The US inflation is rising at the fastest pace in the last three decades. In this regard, traders will keep a close eye on the Fed’s assessment of inflation following the hottest headline CPI reading in more than a decade in May. The Fed’s preferred “core” rate of inflation excludes food and energy and fails to track actual home prices—some of the biggest real-world costs for consumers.


European leaders such as France’s Emmanuel Macron and Italy’s Mario Draghi stressed the need to cooperate with Beijing. US, Europe, Canada, and Japan’s disapproval of Beijing’s domestic and foreign policy is clear, and it does not appear to have much impact. Central and Eastern European nations have also cooled on Beijing’s Belt and Road Initiative.


The large issuance pressure will likely put some pressure on existing EU bonds, but ECB purchases will offset at least some of that pressure. Even if we expect overall ECB net purchases to fall in the autumn, the share of supranational purchases will likely increase, in line with increasing EU bond issuance.
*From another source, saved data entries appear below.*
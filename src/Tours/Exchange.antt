-- ===== src/Tours/Exchange.antt =====
-- The 2-exchange on closed tours: reversing a segment replaces exactly two edges.
use mathlib.Core.List.{
  Perm, reverse, reverse-cons, reverse-append, append-nil, append_assoc, reverse_perm,
}
use mathlib.Core.List.Perm
use mathlib.Core.List.Permᴰ
use cuda_edge_elimination.Base.{ℕ, ◌+◌, ◌≡◌, List, [], ◌∷◌, ◌++◌, arith, refl, ap, sym, ◌∙◌}
use cuda_edge_elimination.Tours.{path_cost, tour_cost, IsTour}

module _ (d : ℕ → ℕ → ℕ) where
  -- A walk splits at a vertex that both parts share.
  path_cost-append :
      (xs : List ℕ) (y : ℕ) (ys : List ℕ)
      → path_cost d (xs ++ y ∷ ys) ≡ path_cost d (xs ++ y ∷ []) + path_cost d (y ∷ ys)
  path_cost-append [] y ys = omega arith
  path_cost-append (x ∷ []) y ys = omega arith
  path_cost-append (x ∷ z ∷ xs) y ys = omega (arith, path_cost-append (z ∷ xs) y ys)

  path_cost-edge :
      (xs : List ℕ) (x y : ℕ) (ys : List ℕ)
      → path_cost d (xs ++ x ∷ y ∷ ys) ≡ path_cost d (xs ++ x ∷ []) + d x y + path_cost d (y ∷ ys)
  path_cost-edge xs x y ys = omega (arith, path_cost-append xs x (y ∷ ys))

  -- A tour of two segments: each is left for the first vertex of the other.
  tour_cost-append :
      (x : ℕ) (xs : List ℕ) (y : ℕ) (ys : List ℕ)
      → tour_cost d ((x ∷ xs) ++ y ∷ ys)
        ≡ path_cost d ((x ∷ xs) ++ y ∷ []) + path_cost d ((y ∷ ys) ++ x ∷ [])
  tour_cost-append x xs y ys =
      ap (path_cost d) (append_assoc (x ∷ xs) (y ∷ ys) (x ∷ []))
      ∙ path_cost-append (x ∷ xs) y (ys ++ x ∷ [])

  path_cost-concat :
      (xs zs : List ℕ) (x y : ℕ)
      → xs ≡ zs ++ x ∷ []
      → path_cost d (xs ++ y ∷ []) ≡ path_cost d xs + d x y
  path_cost-concat xs zs x y e = omega (
    arith,
    ap (λ l. path_cost d (l ++ y ∷ [])) e,
    ap (path_cost d) (append_assoc zs (x ∷ []) (y ∷ [])),
    path_cost-edge zs x y [],
    ap (path_cost d) e,
  )

  -- The cost does not depend on where the tour starts.
  pub tour_cost-rotate : (xs ys : List ℕ) → tour_cost d (xs ++ ys) ≡ tour_cost d (ys ++ xs)
  tour_cost-rotate [] ys = ap (tour_cost d) (sym (append-nil ys))
  tour_cost-rotate (x ∷ xs) [] = ap (tour_cost d) (append-nil (x ∷ xs))
  tour_cost-rotate (x ∷ xs) (y ∷ ys) =
      omega (arith, tour_cost-append x xs y ys, tour_cost-append y ys x xs)

  module _ (comm : (a b : ℕ) → d a b ≡ d b a) where
    path_cost-reverse : (xs : List ℕ) → path_cost d (reverse xs) ≡ path_cost d xs
    path_cost-reverse [] = refl
    path_cost-reverse (x ∷ []) = refl
    path_cost-reverse (x ∷ y ∷ xs) =
        let turned : reverse (x ∷ y ∷ xs) ≡ reverse xs ++ y ∷ x ∷ [] =
          reverse-append (x ∷ y ∷ []) xs in
        omega (
          arith,
          ap (path_cost d) turned,
          path_cost-edge (reverse xs) y x [],
          ap (path_cost d) (reverse-cons y xs),
          path_cost-reverse (y ∷ xs),
          comm x y,
        )

    -- The segment from `b` to `x`, given by both of its ends, is followed by the one from `y` to `a`.
    -- Reversing the first replaces the edges {x, y} and {a, b} by {b, y} and {a, x}.
    pub exchange_cost :
        (b x y a : ℕ) (xs zs ws vs : List ℕ)
        → b ∷ xs ≡ zs ++ x ∷ []
        → y ∷ ws ≡ vs ++ a ∷ []
        → tour_cost d (reverse (b ∷ xs) ++ y ∷ ws) + d x y + d a b
          ≡ tour_cost d ((b ∷ xs) ++ y ∷ ws) + d b y + d a x
    exchange_cost b x y a xs zs ws vs left right =
        let turned : reverse (b ∷ xs) ≡ x ∷ reverse zs =
          ap reverse left ∙ reverse-append zs (x ∷ []) in
        let back : x ∷ reverse zs ≡ reverse xs ++ b ∷ [] = sym turned ∙ reverse-cons b xs in
        omega (
          arith,
          ap (λ l. tour_cost d (l ++ y ∷ ws)) turned,
          tour_cost-append x (reverse zs) y ws,
          tour_cost-append b xs y ws,
          path_cost-concat (x ∷ reverse zs) (reverse xs) b y back,
          path_cost-concat (y ∷ ws) vs a x right,
          path_cost-concat (b ∷ xs) zs x y left,
          path_cost-concat (y ∷ ws) vs a b right,
          ap (path_cost d) (sym turned),
          path_cost-reverse (b ∷ xs),
        )

pub IsTour-perm : {n : ℕ} {s t : List ℕ} → Perm s t → IsTour n s → IsTour n t
IsTour-perm p t = record {
  once = Perm.nodup p t.once;
  covers = λ x.
      (λ m. (t.covers x).0 ((Perm.mem_iff p).1 m), λ lt. (Perm.mem_iff p).0 ((t.covers x).1 lt));
}

-- Nor does reversal or rotation change which vertices a tour visits.
pub IsTour-exchange : (n : ℕ) (xs ys : List ℕ) → IsTour n (xs ++ ys) → IsTour n (reverse xs ++ ys)
IsTour-exchange n xs ys = IsTour-perm (Perm.append (Perm.symm (reverse_perm xs)) (Perm.refl ys))

pub IsTour-rotate : (n : ℕ) (xs ys : List ℕ) → IsTour n (xs ++ ys) → IsTour n (ys ++ xs)
IsTour-rotate n xs ys = IsTour-perm ∣ Permᴰ.append_comm xs ys ∣₁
One could look to buy the new bond with pick-up vs existing EU, European Financial Stability Facility (EFSF) and European Stability Mechanism (ESM) bonds in the maturity area.
less The financing for the EU’s recovery fund will finally start tomorrow with a new 10-year EUR benchmark. The weekend’s G-7 communiqué was mainly hawkish on China, but the accompanying commentary highlighted the balancing act the EU has to pull off. While the UK was beset on the Brexit front, two other pending deals suffered through the weekend. Being able to sign faster trade agreements was one of the selling points of Brexit. Global Headlines Reality check | The G-7 summit couldn t paper over divisions on issues from climate change to Brexit.
The Commission also intends to start auctioning EU-Bills and EU-Bonds as of September 2021. His feature articles have been published on:,, Action forex, Forex TV, Istockanalyst, ForexFactory,,, etc.